Siempre se le ha presumido al fútbol una ejemplaridad que nunca ha exhibido. Los futbolistas han pasado de ser referentes de los más pequeños a convertirse en iconos mediáticos más cercanos a las estrellas de rock que al perfil habitual de los deportistas.

Esta semana el fútbol se ha visto salpicado por noticias que nada tienen que ver con el balón. La más sonada, la negativa de la afición rayista, liderada significativamente por el grupo radical, los Bukaneros, a asumir el fichaje de Roman Zozulya debido a su supuesta ideología filofascista. Un caso que ha dado la vuelta al mundo, envolviendo al fútbol en una polémica política e ideológica que nada tiene que ver con el deporte.

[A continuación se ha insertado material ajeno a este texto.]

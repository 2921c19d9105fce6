-- ===== src/Capture/Gc.antt =====
-- capture.c: marking, and the update after a compaction of the heap.
use memory_profiler.Base.{
  ℕ, add_size, mul_size, Bool, false, not, List, [], ◌∷◌, ◌++◌, Option, none, some, ltb, ◌==◌,
  if◌then◌else◌, length,
}
use memory_profiler.Ruby.{Ruby, StTable}
use memory_profiler.Table.Layout.{Table}
use memory_profiler.Table.Gc
use memory_profiler.Capture.State.{Capture}

-- `sizeof(struct Memory_Profiler_Capture)` and that of `struct Memory_Profiler_Capture_Allocations`.
abbrev pub capture_size : ℕ
capture_size = 48

abbrev pub allocations_size : ℕ
allocations_size = 24

module _ ⦃rb : Ruby⦄ (st : StTable) where
  -- The words that are passed to `rb_gc_mark`, which pins the object, and to `rb_gc_mark_movable`.
  pub record Marks : Type 0 where
    pub pinned : List ℕ
    pub movable : List ℕ

  unfoldable pub tracked_mark : List (ℕ × ℕ) → Marks → Marks
  tracked_mark [] marks = marks
  tracked_mark ((klass, allocations) ∷ rest) marks =
      tracked_mark rest (record {
        pinned = marks.pinned ++ klass ∷ [];
        movable = marks.movable ++ allocations ∷ [];
      })

  unfoldable pub mark : Capture st → Marks
  unfolding tracked_mark
  mark c =
      let marks = tracked_mark (st.pairs c.tracked) (record { pinned = []; movable = [] }) in
      elim c.states [
        | none ↦ marks
        | some t ↦ record marks { movable = marks.movable ++ Gc.mark t.entries }
      ]

  unfoldable pub memsize : Capture st → ℕ
  memsize c =
      add_size capture_size (mul_size (length (st.pairs c.tracked)) (add_size 8 allocations_size))

  module _ (location : ℕ → ℕ) where
    unfoldable pub tracked_update : ℕ → ℕ
    tracked_update old_allocations =
        let new_allocations = location old_allocations in
        if not (old_allocations == new_allocations) then new_allocations else old_allocations

    -- How an update ends: with the new state, with the exception of a table that was modified, or with
    -- a write behind the end of an array.
    pub data Compacted : Type 0 where
      compacted : Capture st → Compacted
      modified : Compacted
      overrun : Compacted

    unfoldable pub compact_tracked : st.Table → st.Table × Bool
    compact_tracked tracked =
        if ltb 0 (length (st.pairs tracked))
        then st.foreach_with_replace tracked tracked_update
        else (tracked, false)

    unfoldable pub compact_states : (ℕ → Bool) → Capture st → Option Table → Compacted
    compact_states malloc c none = compacted c
    compact_states malloc c (some t) = elim (Gc.compact location malloc t) [
      | none ↦ overrun
      | some t' ↦ compacted (record c { states = some t' })
    ]

    unfoldable pub compact : (ℕ → Bool) → Capture st → Compacted
    unfolding compact_states
    compact malloc c =
        let (tracked, modified_) = compact_tracked c.tracked in
        if modified_
        then modified
        else compact_states malloc (record c { tracked = tracked }) c.states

La segunda noticia ha sido la orden del Consejo Superior de Deportes y del Ministerio del Interior al Sevilla Fútbol Club de echar de la grada de su estadio al grupo radical Biris porque ha "protagonizado el suficiente número de incidentes violentos y desordenes públicos como para merecer la calificación de violento”. Este grupo ultra protagonizó hace unos días un enfrentamiento con Sergio Ramos, quien contestó a sus insultos tras anotar un gol. Lo llamativo es que el presidente del Sevilla, José Castro, se posicionó de parte de la grada del Pizjuán. Afirma que "la culpa es de 20 radicales", pero esos salvajes siguen campando a sus anchas por su estadio. Complicidad en lugar de contundencia.

Los campos han dejado de ser sitios a los que ir tranquilamente a ver partidos de fútbol. Grupos radicales de  facciones fascistas o radicales de izquierda controlan los fondos de muchos estadios con la connivencia de unos presidentes y unos clubes que lo excusan "porque son los únicos que animan ". En otros casos esas directivas viven atemorizados (e incluso amenazadas) por la dictadura de los violentos.

Desafortunadamente son habituales las imágenes de complicidad de los futbolistas con estos grupos. Y pocos son los que han decidido erradicarlos de sus estadios. Lo hizo Joan Laporta en el Fútbol Club Barcelona con enorme determinación. Y lo ha intentado, con más tibieza, Florentino Pérez, quien ha expulsado del campo a los peligrosos Ultras Sur, grupo que ha vivido una cruenta lucha en su particular juego de tronos, pero que ha realojado a históricos ultras como Ochaita en otras zonas del Bernabéu.

Violencia de género y machismo

Por último, la madrugada del viernes el defensa del Atlético de Madrid Lucas Hernández fue detenido por agredir presuntamente a su pareja. Culpar al fútbol de esto sería injusto porque se trata de la conducta de una persona que le descalifica a él como individuo. El fútbol, en último caso, refleja desafortunadamente una realidad social transversal que afecta a todos.

No es la primera vez que la violencia de género se asoma al fútbol. La Fiscalía ha solicitado dos años y un mes de cárcel para el delantero canario del Betis, Rubén Castro, por cuatro delitos de maltrato y un quinto de amenazas leves a su ex pareja, al considerar que ésta habría sido agredida físicamente en cuatro ocasiones y habría recibido un mensaje de texto amenazante en su móvil.

Lo más lamentable es que en el estadio del Betis se han escuchado cánticos a favor del delantero, como los que denunció Antiviolencia ,en un vídeo en el que se escuchaba: “Rubén Castro alé, Rubén Castro alé, no fue tu culpa, era una puta, lo hiciste bien”. El club verdiblanco lejos de castigar con ejemplaridad a los autores de esos cánticos, no ha sido capaz de encontrar a ningún aficionado de los que cantaban, pese a tener cámaras instaladas en el campo. Además respalda al delantero bético, que sigue en el club y ha renovado su vínculo con el club heliopolitano.

Y a eso se suman los insultos machistas a las árbitros y el tratamiento vejatorio a muejres en numerosos episodios en el fútbol español en los últimos tiempos. El fútbol ha dejado de ser un deporte y se ha convertido en un negocio en el que los violentos han tomado las gradas y la ejemplaridad brilla por su ausencia tanto fuera como dentro del campo. El fútbol ha vuelto a la cavernas.